El tiempo real también funciona (pero no para todos)

Entonces, ¿es necesario abandonar la actualidad y el tiempo real para conseguir los mejores resultados? ¿Será esta la muerte para siempre de las actualizaciones de páginas corporativas que anuncian a sus seguidores que ya es viernes (con una foto alegre) o que lamentablemente es lunes (con una carita triste)? Lo cierto es que el tiempo real, es decir, la actualización basada en lo que está sucediendo sigue funcionando, al menos para algunas empresas concretas.
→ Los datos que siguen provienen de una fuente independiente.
-- ===== src/Linker/Prompt.antt =====
-- Prompt of internal/linker/linker.go. What it writes to the terminal is left out; what it reads is a
-- list of lines and the text behind the last one.
pub mod Bounds
use api_integrity_tool.Base.{
  ℕ, zero, suc, Bool, true, false, not, ◌&&◌, ◌||◌, Option, none, some, List, [], ◌∷◌,
  if◌then◌else◌, ◌==◌, any, Str, codes, str_eq, is_empty, to_lower, trim_space, length, ℤ,
}
use api_integrity_tool.Model.Repo.{Role}
use api_integrity_tool.Model.Decision.{
  Reason, closed_source, internal, third_party_no_repo, noise, other, free_text,
}
use api_integrity_tool.Store.State.{Disk}
use api_integrity_tool.Upstream.Ref.{RepoUrl}
use api_integrity_tool.Linker.Requests.{NeedsLink}
use api_integrity_tool.Linker.Linking.{LinkError}
use api_integrity_tool.Linker.Auto.{LinkOptions, link_host, unmonitor, defer}

pub record Input : Type 0 where
  pub lines : List Str
  pub tail : Str

-- What ReadString returns, and what it leaves.
pub record Line : Type 0 where
  pub text : Str
  pub at_end : Bool
  pub input : Input

unfoldable pub read_from : List Str → Str → Line
read_from (l ∷ lines) tail = record {
  text = l;
  at_end = false;
  input = record { lines = lines; tail = tail };
}
read_from [] tail = record { text = tail; at_end = true; input = record { lines = []; tail = [] } }

unfoldable pub read_line : Input → Line
unfolding read_from
read_line i = read_from i.lines i.tail

pub record Prompted : Type 0 where
  pub remaining : List NeedsLink
  pub error : Option LinkError
  pub disk : Disk

-- The kinds of answer that the switch tells apart.
pub data Answer : Type 0 where
  quit accept skip never : Answer
  repository : Str → Answer

unfoldable pub read_answer : Str → NeedsLink → Answer
unfolding to_lower str_eq
read_answer answer n =
    let word = to_lower answer in
    if str_eq word (codes "q") || str_eq word (codes "quit")
    then quit
    else if str_eq word (codes "s") || (str_eq word (codes "skip") || is_empty word)
    then if is_empty answer && not (is_empty n.suggested_repo) then accept else skip
    else if str_eq word (codes "n") || str_eq word (codes "never")
    then never
    else repository answer

unfoldable pub reason_of : Str → Reason
unfolding str_eq
reason_of s =
    if str_eq s (codes "closed_source")
    then closed_source
    else if str_eq s (codes "internal")
    then internal
    else if str_eq s (codes "third_party_no_repo")
    then third_party_no_repo
    else if str_eq s (codes "noise")
    then noise
    else if str_eq s (codes "other")
    then other
    else free_text s

abbrev pub cli_options : LinkOptions
cli_options = record {
  path_prefix = [];
  role = Role.other [];
  ref = [];
  note = [];
  priority = ℤ.pos 0;
  source = codes "cli";
}

-- A link that failed leaves its host unanswered.
abbrev pub keep_failed : Option LinkError → NeedsLink → Prompted → Prompted
keep_failed none n rest = rest
keep_failed (some e) n rest = record rest { remaining = n ∷ rest.remaining }

-- A decision that could not be stored ends the loop.
abbrev pub stop_failed : Option LinkError → Disk → Prompted → Prompted
stop_failed none disk rest = rest
stop_failed (some e) disk rest = record { remaining = []; error = some e; disk = disk }

-- How many hosts are asked about: 10 where `max` is not above zero.
abbrev pub asks_of : ℤ → ℕ
asks_of (ℤ.pos zero) = 10
asks_of (ℤ.pos (suc n)) = suc n
asks_of (ℤ.negsuc n) = 10

module _ (parse : Str → Option RepoUrl) (now : ℕ) where
  -- One answered question: the error of the link or of the decision, the input and the state file.
  unfoldable pub answer_link : Answer → NeedsLink → Disk → Option LinkError × Disk
  unfolding link_host
  answer_link accept n disk = link_host parse n.host n.suggested_repo cli_options now disk
  answer_link (repository s) n disk = link_host parse n.host s cli_options now disk
  answer_link _ n disk = (none, disk)

  unfoldable pub answer_decision : Answer → NeedsLink → Str → Disk → Option LinkError × Disk
  unfolding unmonitor defer reason_of trim_space
  answer_decision skip n line disk = defer n.host (codes "cli") now disk
  answer_decision never n line disk =
      unmonitor n.host (reason_of (trim_space line)) (codes "cli") now disk
  answer_decision _ n line disk = (none, disk)

  -- The input behind an answer: `never` reads the reason.
  unfoldable pub input_after : Answer → Input → Input
  unfolding read_line
  input_after never i = (read_line i).input
  input_after _ i = i

  abbrev pub is_quit : Answer → Bool
  is_quit quit = true
  is_quit _ = false

  -- The loop of Prompt, with the questions that may still be asked.
  unfoldable pub prompt_loop : ℕ → List NeedsLink → Input → Disk → Prompted
  unfolding read_line read_answer answer_link answer_decision input_after trim_space
  prompt_loop asks [] i disk = record { remaining = []; error = none; disk = disk }
  prompt_loop zero (n ∷ needs) i disk = record { remaining = n ∷ needs; error = none; disk = disk }
  prompt_loop (suc asks) (n ∷ needs) i disk =
      let line = read_line i in
      let answer = read_answer (trim_space line.text) n in
      let linked = answer_link answer n disk in
      let decided = answer_decision answer n (read_line line.input).text linked.1 in
      let rest = prompt_loop asks needs (input_after answer line.input) decided.1 in
      let stop : Prompted = record { remaining = n ∷ needs; error = none; disk = disk } in
      let go = stop_failed decided.0 decided.1 (keep_failed linked.0 n rest) in
      if line.at_end && is_empty (trim_space line.text) || is_quit answer then stop else go

  -- Prompt
  unfoldable pub prompt : List NeedsLink → Bool → ℤ → Input → Disk → Prompted
  unfolding prompt_loop
  prompt needs interactive max i disk =
      let rest = prompt_loop (asks_of max) needs i disk in
      if not interactive then record { remaining = needs; error = none; disk = disk } else rest
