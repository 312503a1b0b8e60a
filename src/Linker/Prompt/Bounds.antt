-- ===== src/Linker/Prompt/Bounds.antt =====
-- How much Prompt of internal/linker/linker.go asks and keeps.
use api_integrity_tool.Base.{ℕ, zero, suc, ◌≡◌, none, List, [], ◌∷◌, ◌++◌}
use api_integrity_tool.Linker.Requests.{NeedsLink}
use api_integrity_tool.Linker.Prompt.{Prompted}

abbrev pub drop : ℕ → List NeedsLink → List NeedsLink
drop zero ns = ns
drop (suc k) [] = []
drop (suc k) (n ∷ ns) = drop k ns

-- Some hosts of the list, in its order.
pub data Some : List NeedsLink → List NeedsLink → Type 0 where
  none_left : Some [] []
  kept : (n : NeedsLink) {ks ns : List NeedsLink} → Some ks ns → Some (n ∷ ks) (n ∷ ns)
  answered : (n : NeedsLink) {ks ns : List NeedsLink} → Some ks ns → Some ks (n ∷ ns)

-- What is left are some of the hosts, in order.
abbrev pub Leaves : List NeedsLink → Prompted → Type 0
Leaves ns p = Some p.remaining ns

-- At most `asks` hosts are answered: without an error the hosts behind them are all left.
abbrev pub Ends : ℕ → List NeedsLink → Prompted → Type 0
Ends asks ns p = p.error ≡ none → (ks : List NeedsLink) × (p.remaining ≡ ks ++ drop asks ns)
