-- ===== src/Linker/Sync.antt =====
-- SyncConfig of internal/linker/linker.go: the configuration replaces its own links and no others.
use api_integrity_tool.Base.{
  ℕ, ◌≡◌, refl, ap, ◌∙◌, Bool, true, not, List, [], ◌∷◌, ◌++◌, keep, map, All, All-append, subst,
  Str, str_eq_refl, arith, Bool-cases, inl, inr, Option,
}
use mathlib.Core.List.{append-nil}
use api_integrity_tool.Model.Repo.{RepoRef, Upstream}
use api_integrity_tool.Store.State.{State}
use api_integrity_tool.Upstream.Ref.{RepoUrl, Parsed, ok, fail, ◌>>=◌, parse_repo_ref}
use api_integrity_tool.Linker.Config.{
  ConfigFile, UpstreamEntry, UnmonitoredEntry, source_config, entry_upstream, entry_decision,
  host_upstreams, all_upstreams, configured_upstreams, configured_decisions,
}
use api_integrity_tool.Linker.Linking.{
  is_config_link, is_config_decision, dated_link, dated_decision, sync_step,
}

-- Filters of a list that is put behind another.
keep-append :
    {A : Type 0} (p : A → Bool) (xs ys : List A) → keep p (xs ++ ys) ≡ keep p xs ++ keep p ys
keep-append p [] ys = refl
keep-append p (x ∷ xs) ys = elim (Bool-cases (p x)) [
  | inl e ↦ rw e (ap (λ r. x ∷ r) (keep-append p xs ys))
  | inr e ↦ rw e (keep-append p xs ys)
]

keep-keep : {A : Type 0} (p : A → Bool) (xs : List A) → keep p (keep p xs) ≡ keep p xs
keep-keep p [] = refl
keep-keep p (x ∷ xs) = ground (arith, Bool-cases (p x), keep-keep p xs)

keep-not : {A : Type 0} (p : A → Bool) (xs : List A) → keep p (keep (λ x. not (p x)) xs) ≡ []
keep-not p [] = refl
keep-not p (x ∷ xs) = ground (arith, Bool-cases (p x), keep-not p xs)

keep-All : {A : Type 0} (p : A → Bool) (xs : List A) → All (λ x. p x ≡ true) xs → keep p xs ≡ xs
keep-All p [] h = refl
keep-All p (x ∷ xs) h = ground (arith, h.0, keep-All p xs h.1)

keep-none :
    {A : Type 0} (p : A → Bool) (xs : List A)
    → All (λ x. p x ≡ true) xs
    → keep (λ x. not (p x)) xs ≡ []
keep-none p [] h = refl
keep-none p (x ∷ xs) h = ground (arith, h.0, keep-none p xs h.1)

-- A list whose own part is replaced: the part is the new one, and the rest is what it was.
replaced :
    {A : Type 0} (p : A → Bool) (xs ys : List A)
    → All (λ y. p y ≡ true) ys
    → (keep p (keep (λ x. not (p x)) xs ++ ys) ≡ ys)
      × (keep (λ x. not (p x)) (keep (λ x. not (p x)) xs ++ ys) ≡ keep (λ x. not (p x)) xs)
replaced p xs ys h = (
  keep-append p (keep (λ x. not (p x)) xs) ys
      ∙ ap (λ r. r ++ keep p ys) (keep-not p xs)
      ∙ keep-All p ys h,
  keep-append (λ x. not (p x)) (keep (λ x. not (p x)) xs) ys
      ∙ ap (λ r. r ++ keep (λ x. not (p x)) ys) (keep-keep (λ x. not (p x)) xs)
      ∙ ap (λ r. keep (λ x. not (p x)) xs ++ r) (keep-none p ys h)
      ∙ append-nil (keep (λ x. not (p x)) xs),
)

-- All of the configuration's own links carry its mark.
abbrev AllMarked : Parsed (List Upstream) → Type 0
AllMarked (ok us) = All (λ u. is_config_link u ≡ true) us
AllMarked (fail e) = Unit

entry-IsMarked :
    (host : Str) (e : UpstreamEntry) (ref : Parsed RepoRef) (rest : Parsed (List Upstream))
    → AllMarked rest
    → AllMarked (ref >>= λ r. rest >>= λ us. ok (entry_upstream host e r ∷ us))
unfolding entry_upstream
entry-IsMarked host e (fail x) rest h = tt
entry-IsMarked host e (ok ref) (fail x) h = tt
entry-IsMarked host e (ok ref) (ok us) h = (str_eq_refl source_config, h)

joined-AllMarked :
    (here rest : Parsed (List Upstream))
    → AllMarked here
    → AllMarked rest
    → AllMarked (here >>= λ us. rest >>= λ vs. ok (us ++ vs))
joined-AllMarked (fail x) rest h k = tt
joined-AllMarked (ok us) (fail x) h k = tt
joined-AllMarked (ok us) (ok vs) h k = All-append (λ u. is_config_link u ≡ true) us vs h k

dated-All :
    (now : ℕ) (us : List Upstream)
    → All (λ u. is_config_link u ≡ true) us
    → All (λ u. is_config_link u ≡ true) (map (dated_link now) us)
dated-All now [] h = tt
dated-All now (u ∷ us) h = (h.0, dated-All now us h.1)

decisions-All :
    (now : ℕ) (us : List UnmonitoredEntry)
    → All (λ d. is_config_decision d ≡ true) (map (dated_decision now) (map entry_decision us))
unfolding entry_decision
decisions-All now [] = tt
decisions-All now (u ∷ us) = (str_eq_refl source_config, decisions-All now us)

module _ (parse : Str → Option RepoUrl) where
  host_upstreams-AllMarked :
      (host : Str) (es : List UpstreamEntry) → AllMarked (host_upstreams parse host es)
  unfolding host_upstreams
  host_upstreams-AllMarked host [] = tt
  host_upstreams-AllMarked host (e ∷ es) =
      entry-IsMarked host e (parse_repo_ref parse e.repo) (host_upstreams parse host es)
        (host_upstreams-AllMarked host es)

  all_upstreams-AllMarked :
      (hosts : List (Str × List UpstreamEntry)) → AllMarked (all_upstreams parse hosts)
  unfolding all_upstreams
  all_upstreams-AllMarked [] = tt
  all_upstreams-AllMarked ((host, es) ∷ hosts) =
      joined-AllMarked (host_upstreams parse host es) (all_upstreams parse hosts)
        (host_upstreams-AllMarked host es) (all_upstreams-AllMarked hosts)

  -- For a configuration that can be read, SyncConfig leaves as links of the configuration exactly the
  -- ones that it names, and every link from elsewhere as it was, and so for the decisions; to do it
  -- again at the same time changes nothing.
  pub sync_step_lem :
      (f : ConfigFile) (ups : List Upstream) (now : ℕ) (st : State)
      → configured_upstreams parse f ≡ ok ups
      → let after = sync_step ups (configured_decisions f) now st in
        (keep is_config_link after.upstreams ≡ map (dated_link now) ups)
        × (keep (λ u. not (is_config_link u)) after.upstreams
            ≡ keep (λ u. not (is_config_link u)) st.upstreams)
        × (keep is_config_decision after.decisions
            ≡ map (dated_decision now) (configured_decisions f))
        × (keep (λ d. not (is_config_decision d)) after.decisions
            ≡ keep (λ d. not (is_config_decision d)) st.decisions)
        × (sync_step ups (configured_decisions f) now after ≡ after)
  unfolding sync_step configured_upstreams configured_decisions
  sync_step_lem f ups now st e =
      let marked = dated-All now ups (subst AllMarked e (all_upstreams-AllMarked f.upstreams)) in
      let links = replaced is_config_link st.upstreams (map (dated_link now) ups) marked in
      let ds = map (dated_decision now) (map entry_decision f.unmonitored_hosts) in
      let decided =
        replaced is_config_decision st.decisions ds (decisions-All now f.unmonitored_hosts) in
      (links.0, links.1, decided.0, decided.1, rw (links.1, decided.1) refl)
Las firmas del sector de los media y del entretenimiento siguen apostando por este tipo de actualizaciones, según destacan las conclusiones de SocialFlow. Tiene cierta lógica: esas empresas basan su modelo de negocio en lo que está ocurriendo en tiempo real y no tanto en cosas atemporales. Una noticia solo tiene actualidad en el momento en el que sucede. Sin embargo, el análisis de datos también podría funcionar para este sector. Según el análisis de SocialFlow, el sector de los media y del entretenimiento solo presenta un 10% de actualizaciones realizadas gracias al análisis de datos, pero esas suponen el 90% del engagement.